What needs to be done: Find every line in the records below that contains "ground", and copy it.

Available data:
--------

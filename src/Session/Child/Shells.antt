-- ===== src/Session/Child/Shells.antt =====
-- Which shell `get_shell` of sbuild/sbuild-session.cc chooses.
use schroot.Prelude.{
  ◌≡◌, refl, ◌⊎◌, inl, inr, Bool, true, false, Option, none, some, List, [], ◌∷◌, ◌++◌, Text,
  text_beq, arith, contains, text_eq, is_empty, Bool-cases,
}
use schroot.Environment.{Environment, get}
use schroot.Session.Chroot.{Chroot}
use schroot.Session.Child.Command.{
  Settings, Program, env_shells, passwd_shells, push_new, push_found, bin_bash, bin_sh, shell_var,
  get_shells, first_shell, get_shell, get_command, get_login_command, login_shell,
}
use schroot.Util.Path.{basename}

-- The first of the shells that exists, or the last one where none does.
abbrev pub Chosen : (Text → Bool) → List Text → Text → Type 0
Chosen exists [] shell = ⊥
Chosen exists (s ∷ []) shell = shell ≡ s
Chosen exists (s ∷ t ∷ shells) shell =
    ((exists s ≡ true) × (shell ≡ s)) ⊎ ((exists s ≡ false) × Chosen exists (t ∷ shells) shell)

module _ (exists : Text → Bool) where
  first_shell-Chosen :
      (shell s : Text) (shells : List Text)
      → Chosen exists (s ∷ shells) (first_shell exists shell (s ∷ shells))
  unfolding first_shell
  first_shell-Chosen shell s [] = ground arith
  first_shell-Chosen shell s (t ∷ shells) = ground (arith, first_shell-Chosen s t shells)

  -- A list whose last text is not empty.
  abbrev Ends : List Text → Type 0
  Ends [] = ⊥
  Ends (s ∷ []) = is_empty s ≡ false
  Ends (s ∷ t ∷ shells) = Ends (t ∷ shells)

  Ends-append : (shells : List Text) (s : Text) → is_empty s ≡ false → Ends (shells ++ s ∷ [])
  Ends-append [] s n = n
  Ends-append (a ∷ []) s n = n
  Ends-append (a ∷ b ∷ shells) s n = Ends-append (b ∷ shells) s n

  first_shell-ne_nil :
      (shell : Text) (shells : List Text)
      → exists [] ≡ false
      → Ends shells
      → is_empty (first_shell exists shell shells) ≡ false
  unfolding first_shell
  first_shell-ne_nil shell [] z n = absurd n
  first_shell-ne_nil shell ([] ∷ []) z n = cc
  first_shell-ne_nil shell ((c ∷ s) ∷ []) z n = ground arith
  first_shell-ne_nil shell ([] ∷ t ∷ shells) z n =
      ground (arith, first_shell-ne_nil [] (t ∷ shells) z n)
  first_shell-ne_nil shell ((c ∷ s) ∷ t ∷ shells) z n =
      ground (arith, first_shell-ne_nil (c ∷ s) (t ∷ shells) z n)

  push_new-Ends :
      (shells : List Text) (s : Text) → is_empty s ≡ false → Ends shells → Ends (push_new shells s)
  unfolding push_new
  push_new-Ends shells s n e = elim (Bool-cases (contains shells s)) [
    | inl there ↦ rw there e
    | inr new ↦ rw new (Ends-append shells s n)
  ]

  -- The shells of the environment, at most one, and the shell /bin/bash.
  found-Ends : (o : Option Text) → Ends (push_new (push_found [] o) bin_bash)
  unfolding push_new text_beq
  found-Ends none = refl
  found-Ends (some []) = refl
  found-Ends (some (c ∷ s)) = ground arith

  env_Ends : (settings : Settings) (ch : Chroot) → Ends (push_new (env_shells settings ch) bin_bash)
  env_Ends settings ch = elim (Bool-cases settings.preserve_environment) [
    | inl kept ↦ rw kept (found-Ends (get shell_var settings.complete_environment))
    | inr clean ↦ rw clean (found-Ends none)
  ]

  passwd-Ends :
      (settings : Settings) (ch : Chroot) → Ends (push_new (passwd_shells settings ch) bin_bash)
  passwd-Ends settings ch = elim (Bool-cases (is_empty settings.authstat.shell)) [
    | inl e ↦ rw e (env_Ends settings ch)
    | inr n ↦ rw n (
        push_new-Ends _ bin_bash refl
          (Ends-append (env_shells settings ch) settings.authstat.shell n))
  ]

  get_shells-Ends : (settings : Settings) (ch : Chroot) → Ends (get_shells settings ch)
  unfolding get_shells
  get_shells-Ends settings ch = elim (Bool-cases (is_empty settings.shell)) [
    | inr n ↦ rw n n
    | inl e ↦ elim (Bool-cases (is_empty ch.default_shell)) [
      | inr n ↦ rw (e, n) n
      | inl e' ↦ rw (e, e') (push_new-Ends _ bin_sh refl (passwd-Ends settings ch))
    ]
  ]

  Ends-Chosen :
      (shells : List Text) → Ends shells → Chosen exists shells (first_shell exists [] shells)
  Ends-Chosen [] n = absurd n
  Ends-Chosen (s ∷ shells) n = first_shell-Chosen [] s shells

  -- The shell is the first of `get_shells` that exists, or the last one where none does, and where
  -- no file has the empty name it is not empty, whatever SHELL says.
  pub get_shell_lem :
      (search : Text → Text → Bool) (is_program : Text → Bool) (settings : Settings) (ch : Chroot)
      → exists [] ≡ false
      → Chosen exists (get_shells settings ch) (get_shell search exists is_program settings ch)
        × (is_empty (get_shell search exists is_program settings ch) ≡ false)
  unfolding get_shell
  get_shell_lem search is_program settings ch z = (
    Ends-Chosen (get_shells settings ch) (get_shells-Ends settings ch),
    first_shell-ne_nil [] (get_shells settings ch) z (get_shells-Ends settings ch),
  )

  basename-some :
      (name : Text) → is_empty name ≡ false → (base : Text) × (basename name ≡ some base)
  unfolding basename
  basename-some [] n = cc
  basename-some (c ∷ name) n = (_, refl)

  get_login_command-total :
      (search : Text → Text → Bool) (is_program : Text → Bool) (settings : Settings) (ch : Chroot)
      (env : Environment)
      → exists [] ≡ false
      → (program : Program) × (get_login_command search exists is_program settings ch env
          ≡ some program)
  unfolding get_login_command
  get_login_command-total search is_program settings ch env z =
      let (base, b) =
        basename-some (get_shell search exists is_program settings ch)
          (get_shell_lem search is_program settings ch z).1 in
      elim (Bool-cases (login_shell search exists is_program settings ch)) [
        | inl login ↦ rw (login, b) (_, refl)
        | inr plain ↦ rw plain (_, refl)
      ]

  -- A command, or a login shell, always has a program: `basename` is not asked for an empty name.
  pub get_command-total :
      (search : Text → Text → Bool) (is_program : Text → Bool) (settings : Settings) (ch : Chroot)
      (command : List Text) (env : Environment)
      → exists [] ≡ false
      → (program : Program) × (get_command search exists is_program settings ch command env
          ≡ some program)
  unfolding get_command
  get_command-total search is_program settings ch [] env z =
      get_login_command-total search is_program settings ch env z
  get_command-total search is_program settings ch (name ∷ arguments) env z =
      elim (Bool-cases (is_empty name)) [
        | inl e ↦ rw e (get_login_command-total search is_program settings ch env z)
        | inr n ↦ rw n (_, refl)
      ]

--------

Task result:
  first_shell-Chosen shell s [] = ground arith
  first_shell-Chosen shell s (t ∷ shells) = ground (arith, first_shell-Chosen s t shells)
  first_shell-ne_nil shell ((c ∷ s) ∷ []) z n = ground arith
      ground (arith, first_shell-ne_nil [] (t ∷ shells) z n)
      ground (arith, first_shell-ne_nil (c ∷ s) (t ∷ shells) z n)
  found-Ends (some (c ∷ s)) = ground arith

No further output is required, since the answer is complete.